* Records
★ ★ ★ ★
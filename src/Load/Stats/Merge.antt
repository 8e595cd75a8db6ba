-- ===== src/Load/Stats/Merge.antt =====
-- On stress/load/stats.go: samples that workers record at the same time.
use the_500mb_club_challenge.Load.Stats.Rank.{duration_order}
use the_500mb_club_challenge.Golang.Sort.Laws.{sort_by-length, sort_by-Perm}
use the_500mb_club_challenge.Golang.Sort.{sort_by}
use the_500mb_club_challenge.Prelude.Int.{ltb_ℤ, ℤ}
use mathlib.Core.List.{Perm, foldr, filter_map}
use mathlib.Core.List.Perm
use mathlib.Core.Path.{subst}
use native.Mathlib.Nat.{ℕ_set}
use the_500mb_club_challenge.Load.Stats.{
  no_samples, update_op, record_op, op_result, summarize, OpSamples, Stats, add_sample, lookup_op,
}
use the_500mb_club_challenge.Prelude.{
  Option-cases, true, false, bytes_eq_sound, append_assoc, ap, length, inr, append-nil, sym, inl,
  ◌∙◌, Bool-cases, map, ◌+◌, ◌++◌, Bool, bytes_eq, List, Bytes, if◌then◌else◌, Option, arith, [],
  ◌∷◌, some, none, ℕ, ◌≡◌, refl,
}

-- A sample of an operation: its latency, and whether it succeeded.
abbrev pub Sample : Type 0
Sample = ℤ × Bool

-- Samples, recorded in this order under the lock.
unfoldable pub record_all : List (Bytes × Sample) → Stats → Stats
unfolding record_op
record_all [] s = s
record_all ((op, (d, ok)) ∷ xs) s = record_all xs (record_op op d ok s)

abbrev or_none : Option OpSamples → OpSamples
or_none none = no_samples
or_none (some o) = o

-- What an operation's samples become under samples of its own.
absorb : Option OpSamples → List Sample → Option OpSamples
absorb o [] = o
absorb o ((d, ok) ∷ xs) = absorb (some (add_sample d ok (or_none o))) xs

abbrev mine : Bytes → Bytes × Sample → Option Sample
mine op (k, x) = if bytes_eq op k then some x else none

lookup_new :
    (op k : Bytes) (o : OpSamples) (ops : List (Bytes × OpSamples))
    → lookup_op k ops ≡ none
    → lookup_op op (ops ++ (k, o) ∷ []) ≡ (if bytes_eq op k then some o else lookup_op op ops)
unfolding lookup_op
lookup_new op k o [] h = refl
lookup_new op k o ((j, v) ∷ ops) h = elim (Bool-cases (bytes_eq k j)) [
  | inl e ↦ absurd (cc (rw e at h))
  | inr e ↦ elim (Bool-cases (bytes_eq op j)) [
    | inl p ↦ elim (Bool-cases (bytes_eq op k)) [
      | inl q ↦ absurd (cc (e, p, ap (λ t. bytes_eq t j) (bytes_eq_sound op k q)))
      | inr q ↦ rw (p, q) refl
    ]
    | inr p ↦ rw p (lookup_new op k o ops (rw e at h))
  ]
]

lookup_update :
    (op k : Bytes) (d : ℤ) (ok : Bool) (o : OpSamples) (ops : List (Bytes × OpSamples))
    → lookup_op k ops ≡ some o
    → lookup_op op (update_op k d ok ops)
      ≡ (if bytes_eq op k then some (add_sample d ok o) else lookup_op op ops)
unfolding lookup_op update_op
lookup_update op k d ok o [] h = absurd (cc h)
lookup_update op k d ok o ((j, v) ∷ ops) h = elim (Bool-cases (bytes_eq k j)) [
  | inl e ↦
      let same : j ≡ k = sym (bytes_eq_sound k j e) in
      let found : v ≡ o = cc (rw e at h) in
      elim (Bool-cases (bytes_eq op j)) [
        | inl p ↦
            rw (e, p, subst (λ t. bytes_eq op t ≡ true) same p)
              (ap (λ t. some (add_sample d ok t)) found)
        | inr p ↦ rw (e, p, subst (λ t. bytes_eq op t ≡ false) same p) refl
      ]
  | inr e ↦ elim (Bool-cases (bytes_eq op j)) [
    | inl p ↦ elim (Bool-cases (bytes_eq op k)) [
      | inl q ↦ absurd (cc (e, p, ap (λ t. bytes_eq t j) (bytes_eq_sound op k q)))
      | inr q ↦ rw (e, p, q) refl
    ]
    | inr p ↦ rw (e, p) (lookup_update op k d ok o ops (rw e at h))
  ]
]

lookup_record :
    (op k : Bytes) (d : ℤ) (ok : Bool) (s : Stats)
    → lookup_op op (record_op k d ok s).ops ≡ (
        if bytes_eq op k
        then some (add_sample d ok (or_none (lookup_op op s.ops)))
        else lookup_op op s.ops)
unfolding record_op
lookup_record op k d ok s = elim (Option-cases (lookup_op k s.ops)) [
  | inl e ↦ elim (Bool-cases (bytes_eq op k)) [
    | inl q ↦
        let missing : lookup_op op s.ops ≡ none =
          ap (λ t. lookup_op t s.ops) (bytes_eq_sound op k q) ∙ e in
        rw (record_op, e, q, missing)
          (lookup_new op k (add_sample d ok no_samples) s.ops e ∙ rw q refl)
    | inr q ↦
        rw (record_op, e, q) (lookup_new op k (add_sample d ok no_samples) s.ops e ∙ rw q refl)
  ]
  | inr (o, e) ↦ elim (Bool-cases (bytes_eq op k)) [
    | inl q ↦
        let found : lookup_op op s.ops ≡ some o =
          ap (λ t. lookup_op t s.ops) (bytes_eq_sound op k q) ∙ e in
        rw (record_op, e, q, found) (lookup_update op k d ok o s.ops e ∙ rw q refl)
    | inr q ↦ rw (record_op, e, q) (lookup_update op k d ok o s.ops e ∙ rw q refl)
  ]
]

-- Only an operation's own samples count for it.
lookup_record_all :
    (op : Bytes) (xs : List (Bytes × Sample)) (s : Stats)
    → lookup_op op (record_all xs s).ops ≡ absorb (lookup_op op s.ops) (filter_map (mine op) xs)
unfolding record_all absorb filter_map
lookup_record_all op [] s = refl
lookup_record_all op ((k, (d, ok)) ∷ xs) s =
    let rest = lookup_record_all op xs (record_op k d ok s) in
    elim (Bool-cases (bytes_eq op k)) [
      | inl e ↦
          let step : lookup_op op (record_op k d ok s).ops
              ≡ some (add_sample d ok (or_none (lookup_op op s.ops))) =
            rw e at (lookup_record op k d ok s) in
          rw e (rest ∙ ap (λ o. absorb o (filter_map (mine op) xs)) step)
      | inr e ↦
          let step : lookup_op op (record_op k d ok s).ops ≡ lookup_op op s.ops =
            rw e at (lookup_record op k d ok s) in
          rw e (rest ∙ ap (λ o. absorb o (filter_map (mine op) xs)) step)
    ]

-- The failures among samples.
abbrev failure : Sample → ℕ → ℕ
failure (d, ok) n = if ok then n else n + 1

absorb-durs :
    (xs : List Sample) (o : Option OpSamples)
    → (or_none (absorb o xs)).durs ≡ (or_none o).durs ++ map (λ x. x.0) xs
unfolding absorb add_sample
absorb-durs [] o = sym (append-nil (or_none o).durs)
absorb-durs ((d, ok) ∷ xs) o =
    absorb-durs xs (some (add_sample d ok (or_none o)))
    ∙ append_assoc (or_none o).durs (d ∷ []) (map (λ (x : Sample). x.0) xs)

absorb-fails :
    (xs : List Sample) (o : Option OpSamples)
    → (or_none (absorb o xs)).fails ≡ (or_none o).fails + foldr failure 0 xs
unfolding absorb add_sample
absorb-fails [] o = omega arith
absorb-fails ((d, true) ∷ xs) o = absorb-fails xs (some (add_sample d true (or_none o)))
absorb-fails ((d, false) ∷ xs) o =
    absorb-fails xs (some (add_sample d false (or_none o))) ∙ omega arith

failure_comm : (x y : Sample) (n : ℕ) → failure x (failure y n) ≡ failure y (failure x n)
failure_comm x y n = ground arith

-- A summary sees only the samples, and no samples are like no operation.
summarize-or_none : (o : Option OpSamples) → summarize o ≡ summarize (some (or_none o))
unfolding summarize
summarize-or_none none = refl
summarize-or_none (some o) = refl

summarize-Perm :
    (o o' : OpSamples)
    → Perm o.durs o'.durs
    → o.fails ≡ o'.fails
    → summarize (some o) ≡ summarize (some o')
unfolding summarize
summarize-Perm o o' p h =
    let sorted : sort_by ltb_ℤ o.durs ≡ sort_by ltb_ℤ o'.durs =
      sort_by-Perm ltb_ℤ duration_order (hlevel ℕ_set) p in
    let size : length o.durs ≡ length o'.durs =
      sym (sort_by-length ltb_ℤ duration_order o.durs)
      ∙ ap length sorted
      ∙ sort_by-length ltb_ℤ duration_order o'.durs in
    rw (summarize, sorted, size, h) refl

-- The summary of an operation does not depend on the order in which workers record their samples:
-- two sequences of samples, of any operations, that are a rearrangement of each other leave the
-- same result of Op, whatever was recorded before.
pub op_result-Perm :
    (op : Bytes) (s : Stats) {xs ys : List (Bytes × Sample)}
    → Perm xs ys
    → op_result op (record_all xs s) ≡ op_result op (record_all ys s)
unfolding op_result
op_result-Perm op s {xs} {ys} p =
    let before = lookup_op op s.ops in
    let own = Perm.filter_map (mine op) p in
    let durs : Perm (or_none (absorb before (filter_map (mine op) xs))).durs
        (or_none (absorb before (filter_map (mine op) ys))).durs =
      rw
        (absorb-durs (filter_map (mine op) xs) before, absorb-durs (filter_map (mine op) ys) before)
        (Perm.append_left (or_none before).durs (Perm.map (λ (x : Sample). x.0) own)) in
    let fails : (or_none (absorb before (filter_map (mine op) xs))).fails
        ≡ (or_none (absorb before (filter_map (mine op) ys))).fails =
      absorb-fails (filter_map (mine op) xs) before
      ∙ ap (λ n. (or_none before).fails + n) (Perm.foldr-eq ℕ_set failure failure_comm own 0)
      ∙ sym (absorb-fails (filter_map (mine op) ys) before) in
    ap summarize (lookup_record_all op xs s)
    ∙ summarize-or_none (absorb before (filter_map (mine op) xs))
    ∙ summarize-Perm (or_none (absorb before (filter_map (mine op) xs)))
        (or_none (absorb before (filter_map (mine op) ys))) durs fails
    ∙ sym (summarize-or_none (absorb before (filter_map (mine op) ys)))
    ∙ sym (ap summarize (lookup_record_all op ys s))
★ ★ ★ ★
* About this task
In the records above, collect each line with "sorted".

* Response area
    let sorted : sort_by ltb_ℤ o.durs ≡ sort_by ltb_ℤ o'.durs =
      ∙ ap length sorted
    rw (summarize, sorted, size, h) refl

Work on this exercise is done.